We ran that. The real output:

can fetch /data/page-1 : True
can fetch /private/x   : False

In production you point it at the live file with rp.set_url("https://example.com/robots.txt"); rp.read() and then gate every request behind rp.can_fetch(...). You’ll know it worked when your crawler quietly skips the disallowed paths instead of marching into them.

Be polite, or get blocked

The other reason scrapers get blocked is volume without pauses. Real machines do not request 50 pages a second. Add jitter so your timing does not look like a metronome:

import time, random, requests

for url in urls:
    resp = requests.get(url, headers={"User-Agent": "research-bot/1.0 (contact: you@example.com)"})
    resp.raise_for_status()
    process(resp)
    time.sleep(random.uniform(1.5, 3.5))  # random gap, not a fixed cadence

A fixed time.sleep(2) is itself a pattern a rate limiter can spot. The random.uniform gap is the cheapest defense against “you got blocked after request 200 and don’t know why.”

When this goes wrong elsewhere

  • Selector breaks after a redesign. Positional CSS paths (div > div:nth-child(3)) snap the moment the page shifts. Target data-* attributes or stable IDs instead — they survive cosmetic redesigns that move things around.
  • The page is empty in requests but full in your browser. That is JavaScript rendering. requests only sees the initial HTML. Switch to Playwright and wait for the element by name, not by clock:

    from playwright.sync_api import sync_playwright
    
    with sync_playwright() as p:
        browser = p.chromium.launch()
        page = browser.new_page()
        page.goto("https://example.com/data")
        page.wait_for_selector("table.results")   # blocks until the data exists, not a fixed sleep
        html = page.content()
        browser.close()
    

    wait_for_selector is the fix for the flaky time.sleep(5) you would otherwise sprinkle everywhere — it waits exactly as long as the page takes and no longer.

  • Mojibake: Café instead of Café. When a server does not declare a charset, the bytes get decoded with the wrong codec. The repro and the fix:

    raw = "Café résumé".encode("utf-8")
    print("wrong (latin-1):", raw.decode("latin-1"))
    print("right  (utf-8) :", raw.decode("utf-8"))
    

    We ran that. The real output:

    wrong (latin-1): Café résumé
    right  (utf-8) : Café résumé
    

    With requests, the move is resp.encoding = resp.apparent_encoding before you read resp.text. The garbled accents are the tell that you decoded the right bytes the wrong way.

  • Pagination stops on page one. Check whether “next” is an <a href> or a JavaScript click. A real link you can follow with requests; a JS event needs Playwright to fire it.

The honest accounting

This does not scrape any site automatically and it never will, because every site is different on purpose.
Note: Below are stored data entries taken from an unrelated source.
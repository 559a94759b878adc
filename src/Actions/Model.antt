-- ===== src/Actions/Model.antt =====
-- model.go: the durable rows of the action plane, and the shapes of its ports.
use agentnexus.Base.{
  ℕ, String, Bool, false, ◌||◌, Option, none, some, List, [], ◌∷◌, ◌=ₛ◌, if◌then◌else◌,
}
use agentnexus.Runtime.Types.{Time, ActionStatus}
use agentnexus.Runtime.Grant.{RiskLevel, ApprovalDecision}
use agentnexus.Runtime.Receipt.{ActionReceipt}
use agentnexus.Runtime.Request.{PostconditionSpec, VerificationNeed}

pub record Action : Type 0 where
  pub tenant_ref : String
  pub action_ref : String
  pub status : ActionStatus
  pub business_context_ref : String
  pub capability : String
  pub parameter_hash : String
  pub idempotency_key : String
  pub risk_authority : String
  pub risk_level : RiskLevel
  pub approval_plan_ref : String
  pub grant_ref : String
  pub approval_evidence_ref : String
  pub receipt_ref : String
  pub compensation_ref : String
  pub compensation_of : String
  pub expected_receipt_schema : String
  pub postconditions : List PostconditionSpec
  pub verification_needs : List VerificationNeed
  pub expires_at : Time
  pub audit_ref_id : String
  pub failure_reason : String
  pub created_at : Time
  pub updated_at : Time

-- Go's zero value, which a read of a missing map key gives
abbrev pub zero_action : Action
zero_action = record {
  tenant_ref = "";
  action_ref = "";
  status = ActionStatus.other "";
  business_context_ref = "";
  capability = "";
  parameter_hash = "";
  idempotency_key = "";
  risk_authority = "";
  risk_level = RiskLevel.other_level "";
  approval_plan_ref = "";
  grant_ref = "";
  approval_evidence_ref = "";
  receipt_ref = "";
  compensation_ref = "";
  compensation_of = "";
  expected_receipt_schema = "";
  postconditions = [];
  verification_needs = [];
  expires_at = 0;
  audit_ref_id = "";
  failure_reason = "";
  created_at = 0;
  updated_at = 0;
}

-- `hasPostcondition` and `verificationNeed`
unfoldable pub has_postcondition : String → List PostconditionSpec → Bool
has_postcondition id [] = false
has_postcondition id (p ∷ ps) = p.postcondition_id =ₛ id || has_postcondition id ps

unfoldable pub verification_need : String → List VerificationNeed → Option VerificationNeed
verification_need id [] = none
verification_need id (n ∷ ns) = if n.need_id =ₛ id then some n else verification_need id ns

pub record Grant : Type 0 where
  pub tenant_ref : String
  pub grant_ref : String
  pub action_ref : String
  pub business_context_ref : String
  pub capability : String
  pub parameter_hash : String
  pub one_use : Bool
  pub issued_at : Time
  pub expires_at : Time
  pub consumed_at : Time

pub data DispatchKind : Type 0 where
  execute compensate : DispatchKind

-- `Attempts` only counts up from 0
pub record Dispatch : Type 0 where
  pub tenant_ref : String
  pub dispatch_ref : String
  pub action_ref : String
  pub capability : String
  pub parameter_hash : String
  pub grant_ref : String
  pub kind : DispatchKind
  pub published : Bool
  pub attempts : ℕ
  pub created_at : Time
  pub published_at : Time
  pub next_attempt_at : Time
  pub last_error : String
  pub dead_lettered_at : Time

pub record DispatchOutcome : Type 0 where
  pub published : Bool
  pub next_attempt_at : Time
  pub last_error : String
  pub dead_letter : Bool

-- `Result` of model.go, one result that a connector reports
pub record ConnectorResult : Type 0 where
  pub tenant_ref : String
  pub result_id : String
  pub action_ref : String
  pub receipt : ActionReceipt

pub record ConsumedEvidence : Type 0 where
  pub approval_ref : String
  pub plan_ref : String
  pub capability : String
  pub parameter_hash : String
  pub decision : ApprovalDecision

-- One row of the action lineage. `details` keeps the texts of the map that the code passes.
pub record AuditEvent : Type 0 where
  pub tenant_ref : String
  pub principal_ref : String
  pub action : String
  pub action_ref : String
  pub status_from : ActionStatus
  pub status_to : ActionStatus
  pub details : List (String × String)
  pub capability : String
  pub parameter_hash : String
  pub grant_ref : String
  pub approval_evidence_ref : String
  pub receipt_ref : String
  pub risk_authority : String
  pub agent_client_ref : String
  pub agent_release_ref : String
  pub org_snapshot_ref : String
What the stdlib version gives you is a parser you can run this second with zero installs, a storage pattern that survives re-runs without duplicating rows, and — the part most tutorials skip — a parser that does not fall over the first time a row is missing a field.

The real skill in scraping is not the happy path. It is assuming row two is broken and writing the code that survives it anyway.